V. Hebt u last gehad van depressies?
R. Niet ik, maar wel mensen die me na staan. Misschien is dat wel de reden dat ik er zo geobsedeerd door ben om het te begrijpen. Een vooraanstaand figuur in het vakgebied, Nolan Williams, pleegde onlangs zelfmoord. Het was verschrikkelijk. Dat herinnert ons eraan dat, hoe dicht we ook bij wetenschappelijke oplossingen zijn, niets ooit genoeg is om depressie te bestrijden.

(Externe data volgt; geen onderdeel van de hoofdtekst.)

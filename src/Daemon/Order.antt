-- ===== src/Daemon/Order.antt =====
-- src/simplecc/simplecc_daemon.rs: the order in which requests act. A document's notifications act in
-- the order of the input, and no task outlives a barrier.
use simplecc.Base.{
  ℕ, suc, ◌+◌, ◌<◌, ◌≡◌, refl, sym, String, Bool, true, false, not, ◌&&◌, Option, none, some, List,
  [], ◌∷◌, Result, ok, err, nat_key, if◌then◌else◌, arith,
}
use simplecc.Daemon.Request.{Request, is_lifecycle_barrier}
use simplecc.Events.{EventTx}
use simplecc.Daemon.Handler.{Event}
use simplecc.Daemon.Handle.{Readers, handle_request}
use simplecc.Daemon.Kept.{accept_fresh, clear_for-absent}
use simplecc.Daemon.Due.{set-All}
use simplecc.Daemon.Serve.{
  in_order, request_task, Slot, absent, running, finished, aborted, Daemon, started, clear_for,
  place_of, accept, Line, eof, unreadable, line, refuse, take_parsed, take_line, is_idle, read_line,
  drop_slot, drop_inline, Turn, read, run, stall, abandon, abort_tasks, abort_installs, turn, turns,
}
use simplecc.Daemon.Acts.{
  Until, placed, is_barrier, active, Orderly, Like-same, drop-Like, task-Like, install-Like,
  set-Like,
}
use simplecc.Daemon.Goes.{change-Orderly, none_else, run-Orderly}
use simplecc.Daemon.Accepts.{
  Below-mono, accept_cleared, accept_barred, accept_ordered, accept_alone,
}

accept-Orderly :
    (r : Readers) (req : Request) (d : Daemon)
    → d.inline ≡ none
    → Orderly d
    → Orderly (accept r req d)
unfolding accept
accept-Orderly r req d idle o =
    let h = handle_request r req in
    let p = place_of req in
    record {
      below = Below-mono d.next (d.next + 1) d.log (omega arith) o.below;
      fresh = λ m late.
          accept_fresh d.next m (running p req h) (clear_for (is_lifecycle_barrier req) d.slots)
            late
            (clear_for-absent (is_lifecycle_barrier req) d.slots m
              (o.fresh m (omega (arith, late))));
      alone = accept_alone req h p d o idle;
      cleared = accept_cleared req h p d o idle;
      ordered = accept_ordered req h p d o idle;
      barred = accept_barred req h p d o idle;
    }

-- A line that is no request is answered, and nothing else changes.
refuse-Orderly :
    (taken : Bool) (message : String) (d : Daemon) → Orderly d → Orderly (refuse taken message d)
refuse-Orderly taken message d o = record {
  below = o.below;
  fresh = o.fresh;
  alone = o.alone;
  cleared = o.cleared;
  ordered = o.ordered;
  barred = o.barred;
}

parsed-Orderly :
    (r : Readers) (taken : Bool) (req : Result Request) (d : Daemon)
    → d.inline ≡ none
    → Orderly d
    → Orderly (take_parsed r taken req d)
parsed-Orderly r taken (ok req) d idle o = accept-Orderly r req d idle o
parsed-Orderly r taken (err e) d idle o = refuse-Orderly taken _ d o

keep-Orderly :
    (d : Daemon) (out : EventTx Event) (reading : Bool)
    → Orderly d
    → Orderly (record d { out = out; reading = reading })
keep-Orderly d out reading o =
    change-Orderly d out reading d.inline d.slots o (λ m. Like-same (d.slots m)) (λ m at is. refl)

line-Orderly :
    (r : Readers) (from_str : String → Result Request) (taken : Bool) (l : Line) (d : Daemon)
    → d.inline ≡ none
    → Orderly d
    → Orderly (take_line r from_str taken l d)
line-Orderly r from_str taken eof d idle o = keep-Orderly d d.out false o
line-Orderly r from_str taken (unreadable message) d idle o = refuse-Orderly taken message d o
line-Orderly r from_str taken (line String.[]) d idle o = o
line-Orderly r from_str taken (line (String.◌∷◌ c s)) d idle o =
    parsed-Orderly r taken (from_str (String.◌∷◌ c s)) d idle o

if-Orderly :
    (b : Bool) (d e : Daemon)
    → (b ≡ true → Orderly d)
    → (b ≡ false → Orderly e)
    → Orderly (if b then d else e)
if-Orderly true d e first second = first refl
if-Orderly false d e first second = second refl

idle_none : (o : Option ℕ) → is_idle o ≡ true → o ≡ none
idle_none none h = refl
idle_none (some n) h = absurd (ground (arith, h))

drop_stops : (s : Slot) → active (drop_slot s) ≡ false
drop_stops absent = refl
drop_stops (running p req h) = refl
drop_stops (finished p req) = refl
drop_stops (aborted p req) = refl

drop-Orderly :
    (o : Option ℕ) (d : Daemon)
    → d.inline ≡ o
    → Orderly d
    → Orderly (record d { reading = false; inline = none; slots = drop_inline o d.slots })
drop-Orderly none d at o =
    change-Orderly d d.out false none d.slots o (λ m. Like-same (d.slots m)) (λ m place is. sym at)
drop-Orderly (some n) d at o =
    change-Orderly d d.out false none _ o
      (set-Like n (drop_slot (d.slots n)) d.slots (drop-Like (d.slots n)))
      (set-All (λ m s. placed s ≡ some in_order → active s ≡ true → none ≡ d.inline) n
        (drop_slot (d.slots n)) d.slots
        (λ place is. absurd (ground (arith, is, drop_stops (d.slots n))))
        (λ m other place is. absurd (none_else d n m o at other place is)))

turn-Orderly :
    (r : Readers) (from_str : String → Result Request) (t : Turn) (d : Daemon)
    → Orderly d
    → Orderly (turn r from_str t d)
unfolding turn read_line
turn-Orderly r from_str (read taken l) d o =
    if-Orderly (not (d.reading && is_idle d.inline)) d _ (λ _. o)
      (λ open_loop.
        if-Orderly d.out.stalled _ _ (λ _. keep-Orderly d d.out false o)
          (λ _.
            line-Orderly r from_str taken l d (idle_none d.inline (ground (arith, open_loop))) o))
turn-Orderly r from_str (run w taken n) d o = run-Orderly w taken n (d.slots n) d refl o
turn-Orderly r from_str stall d o = keep-Orderly d _ d.reading o
turn-Orderly r from_str abandon d o =
    if-Orderly d.out.stalled _ d (λ _. drop-Orderly d.inline d refl o) (λ _. o)
turn-Orderly r from_str abort_tasks d o =
    if-Orderly d.reading d _ (λ _. o)
      (λ _.
        change-Orderly d d.out d.reading d.inline _ o (λ m. task-Like (d.slots m))
          (λ m at is. refl))
turn-Orderly r from_str abort_installs d o =
    if-Orderly d.reading d _ (λ _. o)
      (λ _.
        change-Orderly d d.out d.reading d.inline _ o (λ m. install-Like (d.slots m))
          (λ m at is. refl))

turns-Orderly :
    (r : Readers) (from_str : String → Result Request) (ts : List Turn) (d : Daemon)
    → Orderly d
    → Orderly (turns r from_str ts d)
unfolding turns
turns-Orderly r from_str [] d o = o
turns-Orderly r from_str (t ∷ ts) d o =
    turns-Orderly r from_str ts (turn r from_str t d) (turn-Orderly r from_str t d o)

started-Orderly : Orderly started
started-Orderly = record {
  below = tt;
  fresh = λ n late. refl;
  alone = λ n at is. absurd (ground (arith, at));
  cleared = λ b m bar before at. absurd (ground (arith, at));
  ordered = λ n at. tt;
  barred = λ b m bar before at. tt;
}

-- Whatever the turns are: when a request that is handled in the loop sends an event or calls a
-- client, no request that came after it has done anything yet.
pub turns-InOrder :
    (r : Readers) (from_str : String → Result Request) (ts : List Turn) (n : ℕ)
    → placed ((turns r from_str ts started).slots n) ≡ some in_order
    → Until (suc n) n (turns r from_str ts started).log
turns-InOrder r from_str ts n at =
    (turns-Orderly r from_str ts started started-Orderly).ordered n at

-- Whatever the turns are: once an `initialize` or a `shutdown` or any later request has done
-- anything, a task of an earlier request, an install apart, does nothing more.
pub turns-Barred :
    (r : Readers) (from_str : String → Result Request) (ts : List Turn) (b m : ℕ)
    → is_barrier ((turns r from_str ts started).slots b) ≡ true
    → m < b
    → placed ((turns r from_str ts started).slots m) ≡ some request_task
    → Until b m (turns r from_str ts started).log
turns-Barred r from_str ts b m bar before at =
    (turns-Orderly r from_str ts started started-Orderly).barred b m bar before at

V. Zou u een betere wetenschapper zijn geweest als u depressief was geweest?
R. Ik zou een slechtere wetenschapper zijn als ik niet samenwerkte met mensen die hetzelfde hebben meegemaakt, of als ik niet naar ze luisterde.
V. En de laatste: ik hoor dat ze een grote fan is van Buffy the Vampire Slayer . Heeft dat haar beïnvloed?
R. Voor mij is het een ethisch model: het juiste doen en denken aan het algemeen belang, zelfs als het je persoonlijk niet ten goede komt. In de academische wereld kun je ten koste van anderen vooruitgang boeken. Een lab leiden betekent erkenning krijgen voor werk dat altijd een gezamenlijke inspanning is. Ik probeer mezelf nooit boven het team te stellen. Je kunt zowel succesvol als meelevend zijn.